Recieved CC hits today for the sandhill/sharptail tags. Looks like I drew a Sandhill permit and hoping that me and the wife both drew sharptail tags. This would be her first time Hunting Sharptails or any other upland game bird cept for the Turkey we got her this year. I am super stoked to go after my first Sandhill crane.


----------



## Jeff Bringhurst (May 20, 2009)

Congrats! No hits for me.


----------



## dkhntrdstn (Sep 7, 2007)

congrats. what unite did you draw for ?


----------



## tigerpincer (Dec 5, 2009)

dkhntrdstn said:


> congrats. what unite did you draw for ?


Put in for sandhill in Rich county. Put in for sharptail in Box Elder.


----------



## dkhntrdstn (Sep 7, 2007)

tigerpincer said:


> dkhntrdstn said:
> 
> 
> > congrats. what unite did you draw for ?
> ...


Nice.


----------



## Jeff Bringhurst (May 20, 2009)

Emails just hit my inbox. Unsuccessful for us.


----------



## Donttreadonme (Sep 11, 2007)

No tags for me this year.

If anyone draws either crane or sharpies in Cache County, I will be glad to help you out with either info or a place to hunt....if you let me tag along, I may just shoot a bunch of pictures for you as well. The only catch is I won't be able to take you to my spots until the second weekend of the Crane hunt. I will be fishing in Wyoming on the opener. I will still gladly give you info on where to look for hunting opportunities.

[attachment=0:m2semum9]Sandhill sunrise.jpg[/attachment:m2semum9]


----------



## huntall (Sep 11, 2007)

Got my emails today ....

I drew Sharptail and Sage grouse... No Crane 
Braden drew sharptail and Sandhill Crane.
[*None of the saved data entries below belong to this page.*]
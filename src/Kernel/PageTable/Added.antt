-- ===== src/Kernel/PageTable/Added.antt =====
-- The entries that `vmiter::map` of pset4/k-vmiter.cc writes, and the walk over a page that it adds.
use Prim.Native.Nat.{bit_and}
use cs61_f18_psets.Base.{
  ℕ, zero, suc, ◌+◌, ◌-◌, ◌*◌, ◌/◌, ◌%◌, ◌^◌, ◌≤◌, ◌<◌, ◌≡◌, ◌≢◌, true, false, ltb, leb, ltb→lt,
  ◌==◌, ==_iff, inl, inr, Bool-cases, refl, sym, ap, ◌∙◌, arith,
}
use cs61_f18_psets.Kernel.PageTable.{pageindex, entry_at, is_present, is_table, pa_bits, down_loop}
use cs61_f18_psets.Kernel.PageTable.Walk.{
  pageindex-lt, down_loop-zero, down_loop-table, down_loop-stays,
}
use cs61_f18_psets.Kernel.PageTable.Map.{page_of, clear_page, set_entry, table_entry}

is_table-table_entry : (p : ℕ) → p % 4096 ≡ 0 → is_table (table_entry p) ≡ true
unfolding is_table is_present table_entry
is_table-table_entry p aligned =
    let low : (p - p % 8 + 7) % 2 ≡ 1 = omega arith in
    let small : (p - p % 8 + 7) / 128 % 2 ≡ 0 = omega arith in rw (low, small) refl

pa_bits-table_entry : (p : ℕ) → p % 4096 ≡ 0 → p < 2 ^ 51 → pa_bits (table_entry p) ≡ p
unfolding pa_bits table_entry
pa_bits-table_entry p aligned small = omega arith

pub is_present-zero : is_present 0 ≡ false
unfolding is_present
is_present-zero = refl

is_table-zero : is_table 0 ≡ false
unfolding is_table is_present
is_table-zero = refl

cleared : (entries : ℕ → ℕ) (p i : ℕ) → i < 512 → clear_page entries p (entry_at p i) ≡ 0
cleared entries p i lt =
    let from : leb p (p + 8 * i) ≡ true = ground arith in
    let to : ltb (p + 8 * i) (p + 4096) ≡ true = ground arith in rw (from, to) refl

pub set_same : (entries : ℕ → ℕ) (pep e : ℕ) → set_entry entries pep e pep ≡ e
set_same entries pep e = rw ((==_iff pep pep).1 refl) refl

pub set_other : (entries : ℕ → ℕ) (pep e a : ℕ) → a ≢ pep → set_entry entries pep e a ≡ entries a
set_other entries pep e a ne = elim (Bool-cases (a == pep)) [
  | inl z ↦ absurd (ne ((==_iff a pep).0 z))
  | inr z ↦ rw z refl
]

pub page_of-entry : (p i : ℕ) → p % 4096 ≡ 0 → i < 512 → page_of (entry_at p i) ≡ p
page_of-entry p i aligned lt = omega arith

same_page : (p a : ℕ) → p % 4096 ≡ 0 → leb p a ≡ true → ltb a (p + 4096) ≡ true → page_of a ≡ p
same_page p a aligned z y = let from : p ≤ a = ground arith in omega (arith, ltb→lt a (p + 4096) y)

-- A byte outside of the page that is cleared.
pub not_cleared :
    (entries : ℕ → ℕ) (p a : ℕ) → p % 4096 ≡ 0 → page_of a ≢ p → clear_page entries p a ≡ entries a
not_cleared entries p a aligned ne = elim (Bool-cases (leb p a)) [
  | inr z ↦ rw z refl
  | inl z ↦ elim (Bool-cases (ltb a (p + 4096))) [
    | inr y ↦ rw (z, y) refl
    | inl y ↦ absurd (ne (same_page p a aligned z y))
  ]
]

-- The entry that `map` adds leads one level down, to an entry of the new page.
module _ (va level pep perm_bits p : ℕ) (entries : ℕ → ℕ) where
  abbrev pub added : ℕ → ℕ
  added = set_entry (clear_page entries p) pep (table_entry p)

  abbrev pub below : ℕ
  below = entry_at p (pageindex va level)

  pub added-below : p % 4096 ≡ 0 → page_of pep ≢ p → added below ≡ 0
  added-below aligned other =
      set_other (clear_page entries p) pep (table_entry p) below (λ e.
        other (
          ap page_of (sym e)
          ∙ page_of-entry p (pageindex va level) aligned (pageindex-lt va level)))
      ∙ cleared entries p (pageindex va level) (pageindex-lt va level)

  down_loop-below :
      (perm' : ℕ) (level' : ℕ) (e : level' ≡ level)
      → added below ≡ 0
      → down_loop added va level' below perm' ≡ (below, level', perm')
  down_loop-below perm' zero e none_yet = down_loop-zero added va below perm'
  down_loop-below perm' (suc l) e none_yet =
      down_loop-stays added va l below perm' (ap is_table none_yet ∙ is_table-zero)

  pub down_loop-added :
      p % 4096 ≡ 0
      → p < 2 ^ 51
      → page_of pep ≢ p
      → down_loop added va (suc level) pep perm_bits
        ≡ (below, level, bit_and perm_bits (table_entry p))
  down_loop-added aligned small other =
      let entry = set_same (clear_page entries p) pep (table_entry p) in
      down_loop-table added va level pep perm_bits
        (ap is_table entry ∙ is_table-table_entry p aligned)
      ∙ ap
          (λ e.
            down_loop added va level (entry_at (pa_bits e) (pageindex va level))
              (bit_and perm_bits e))
          entry
      ∙ ap
          (λ q.
            down_loop added va level (entry_at q (pageindex va level))
              (bit_and perm_bits (table_entry p)))
          (pa_bits-table_entry p aligned small)
      ∙ down_loop-below (bit_and perm_bits (table_entry p)) level refl (added-below aligned other)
Hopefully we can repeat some of this.


----------



## xxxxxxBirdDogger (Mar 7, 2008)

My wife and I drew sharpie tags, but we were unsuccessful on sage grouse.


----------



## billybob (Oct 27, 2008)

I was lucky enough to draw for Sharpies in Cache county. Didn't apply for anything else. 

On a side note, does the DWR publish statistics on the number of applicants vs. number of permits for each area on Sage Grouse and Sharptail? Just wondering.


----------



## johnny (May 24, 2010)

Sage grouse in Rich county for me.


----------



## tigerpincer (Dec 5, 2009)

The wife and I pulled the Box Elder Sharp tail tags I was anticipating. This is going to be so fun taking the woman after her first birds. I have a vision of her dropping her first sharptail over a beautiful point from Bronco and hopefully Ruger backing.


----------



## tkjwonta (Jan 20, 2010)

Was able to draw both sage grouse and crane permits for uintah county. This will be my first time pursuing either of those species. Any tips?

Also, for the previous poster that asked about statistics, they are published here: http://wildlife.utah.gov/uplandgame/uplandspecies.php The most recent drawing won't be up for awhile but you can view past years.


----------



## Huge29 (Sep 17, 2007)

I guess this means I missed the deadline...oh well!


----------



## 400BULL (Nov 16, 2007)

Three Parker Mountain sage grouse permits for my family. This will be my oldest boys first year going. I cannot wait to get him on a couple birds.

400bull


----------



## Clarq (Jul 21, 2011)

How does crane taste? I've been trying to convince my dad to apply for a permit, but he says that he would never want to eat one. It sure looks like a fun hunt to try.


----------



## Jeff Bringhurst (May 20, 2009)

Clarq said:


> How does crane taste? I've been trying to convince my dad to apply for a permit, but he says that he would never want to eat one. It sure looks like a fun hunt to try.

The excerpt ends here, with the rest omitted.